Rascunho da COP28 exclui ‘eliminação gradual’ de fósseis

A retirada da expressão, que era uma opção na mesa em versão anterior, desencadeou forte reação; prazo oficial para acordo termina na terça

Rascunho da COP28 exclui ‘eliminação gradual’ de fósseis
A A
A A

DUBAI – Uma nova versão do documento mais importante da COP28 menciona os combustíveis fósseis, mas não inclui o termo phase out (eliminação gradual), frustrando a expectativa de ativistas e de um grupo crescente de países que defendem uma linguagem mais incisiva sobre a necessidade de abandonar as energias sujas.

O termo era uma das opções na mesa no último rascunho divulgado. O texto mais recente fala em “reduzir o consumo e a produção de combustíveis fósseis, de maneira justa, ordenada e equitativa, para atingir o net zero até, antes ou por volta de 2050, acompanhando a ciência”.

União Europeia, Reino Unido e a coalizão dos pequenos Estados insulares rejeitaram enfaticamente o que foi proposto pela presidência da conferência.

“O texto atual engana o mundo. Sugere que os combustíveis fósseis continuarão tendo um papel essencial em nosso mundo”, disse a ministra das Relações Exteriores da Alemanha, Annalena Baerbock.

Falando aos jornalistas por volta das 22h locais, a ministra do Meio Ambiente, Marina Silva, criticou “insuficiências” em relação ao fim dos fósseis, mas não recusou categoricamente a proposta.

Ela afirmou que o país defende a eliminação das energias sujas, começando pelos países ricos, mas não deu detalhes sobre que formulação seria aceitável para os negociadores brasileiros.

Nos corredores da Expo City Dubai e na internet, poucos demonstraram insatisfação de forma tão comedida.

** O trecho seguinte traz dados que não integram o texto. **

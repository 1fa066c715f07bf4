-- ===== src/WorkerNode/Aborts.antt =====
-- Which slices an abort stops (worker_node.rs).
use correctness_bench.Common.{
  suc, ◌≡◌, ap, ◌∙◌, true, inr, ◌∷◌, arith, str_eq_iff, lookup, insert, lookup-insert,
  lookup-remove,
}
use correctness_bench.Float.{Float}
use correctness_bench.Proto.{Assignment}
use correctness_bench.WorkerNode.{UriParser}
use correctness_bench.WorkerNode.Slices.{Node, Slice, run_slice, close_slice, abort}

-- what a caller may do with the node between two moments
module _ {F U : Type 0} ⦃f : Float F⦄ ⦃u : UriParser U⦄ where
  run_slice_token :
      (a : Assignment F) (node node' : Node) (slice : Slice F U)
      → run_slice a node ≡ (node', inr slice)
      → (node'.run_tokens ≡ insert a.run_id slice.token node.run_tokens)
        × (slice.run_id ≡ a.run_id)
        × (slice.token ≡ node.next_token)
        × (node'.next_token ≡ suc node.next_token)
        × (node'.cancelled ≡ node.cancelled)
  unfolding run_slice
  run_slice_token a node node' slice e = ground arith

  -- An abort of a run whose slice was just accepted cancels that slice's token and no other, and
  -- leaves the registry alone.
  pub abort-run_slice :
      (a : Assignment F) (node node' : Node) (slice : Slice F U)
      → run_slice a node ≡ (node', inr slice)
      → abort a.run_id node' ≡ (record node' { cancelled = slice.token ∷ node.cancelled }, true)
  unfolding abort
  abort-run_slice a node node' slice e =
      let (tokens, _, _, _, cancelled) = run_slice_token a node node' slice e in
      let at =
        ap (lookup a.run_id) tokens ∙ lookup-insert a.run_id a.run_id slice.token node.run_tokens in
      ground (arith, at, cancelled, str_eq_iff a.run_id a.run_id)

  -- Right after a slice is closed, an abort of its run changes nothing; it is acknowledged all the
  -- same.
  pub abort-close_slice :
      (slice : Slice F U) (node : Node)
      → abort slice.run_id (close_slice slice node) ≡ (close_slice slice node, true)
  unfolding abort close_slice
  abort-close_slice slice node = ground (
    arith,
    lookup-remove slice.run_id slice.run_id node.run_tokens,
    str_eq_iff slice.run_id slice.run_id,
  )

  -- When two slices of one run are accepted one after the other and the first one ends, an abort of
  -- the run cancels no token, though the second slice is still running.
  pub abort_overlap :
      (a b : Assignment F) (node node₁ node₂ : Node) (first second : Slice F U)
      → a.run_id ≡ b.run_id
      → run_slice a node ≡ (node₁, inr first)
      → run_slice b node₁ ≡ (node₂, inr second)
      → (abort b.run_id (close_slice first node₂)).0.cancelled ≡ node.cancelled
  unfolding abort close_slice
  abort_overlap a b node node₁ node₂ first second same e₁ e₂ =
      let (_, run, _, _, before) = run_slice_token a node node₁ first e₁ in
      let (_, _, _, _, after) = run_slice_token b node₁ node₂ second e₂ in
      ground (
        arith,
        run,
        before,
        after,
        lookup-remove first.run_id b.run_id node₂.run_tokens,
        str_eq_iff first.run_id b.run_id,
      )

Se a atual linguagem evasiva constar da decisão final, será o “fracasso mais vergonhoso e deplorável em 28 anos de negociações internacionais do clima”, escreveu no X (antigo Twitter) o ex-vice-presidente americano, ativista e investidor climático Al Gore.

‘Lista de compras’

O texto em consideração faz referências a uma “redução rápida” do uso de carvão cujas emissões de CO2 não foram sequestradas, a uma triplicação da capacidade instalada de energias renováveis e uma duplicação da eficiência energética.

O documento de trabalho também aponta a importância de combustíveis de baixo carbono, energia nuclear a tecnologias de sequestro e armazenamento ou utilização de carbono.

São medidas necessárias, ainda que insuficientes, para atingir os marcos de curto e médio prazo com o objetivo de limitar a 1,5°C o aquecimento global em comparação com os tempos pré-industriais.

Mas no draft divulgado pela presidência da COP28 elas são medidas opcionais. Pela redação atual, cada país poderia escolher qual delas melhor lhe convém.

“A conferência das partes reconhece a necessidade de reduções profundas, rápidas e sustentadas das emissões de gases de efeito estufa e invoca as partes a tomar medidas que poderiam incluir, entre outras” – seguida por oito tópicos.

“É uma lista de compras”, diz Natalie Unterstell, colunista do Reset e presidente do centro de estudos Talanoa, especializado em política climática.

Há avanços importantes, diz ela, como a necessidade de os próximos planos nacionais de descarbonização estarem alinhados à meta de 1,5°C e incluírem todos os setores da economia e todos os gases do efeito estufa – não somente o CO2.

Mas o sucesso da conferência do clima de Dubai, nos Emirados Árabes Unidos, será determinado pela linguagem adotada em relação aos combustíveis fósseis.

Reação furiosa

“O texto é vago e a linguagem é extremamente decepcionante, para dizer o mínimo”, segundo a organização ambientalista 350.org. Para Camila Jardim, do Greenpeace Brasil, “a eliminação progressiva já não é uma escolha, apesar de ser tratada como tal”.

“Não viemos aqui para assinar nossa sentença de morte. Viemos para lutar pelo [limite de] 1,5°C e pela única maneira de obtê-lo: uma eliminação dos combustíveis fósseis”, disse um comunicado das Ilhas Marshall, um dos países-ilha que correm o risco de desaparecer sob as águas do Pacífico. “Não vamos para nossos túmulos aquáticos em silêncio.”

A expectativa é que as negociações entrem pela madrugada da terça-feira. A intenção declarada do presidente da COP, Sultan Al Jaber, era bater o martelo final da COP28 às 11h (4h de Brasília), mas o prazo parece inatingível.

Antes mesmo da divulgação da proposta, uma ativista postou no X (antigo Twitter) que as equipes de apoio foram avisadas: preparem-se para trabalhar até a quinta-feira.

Uma negociadora com anos de experiência em COPs disse esperar uma conclusão na madrugada de quarta. “Mas isso é minha intuição.”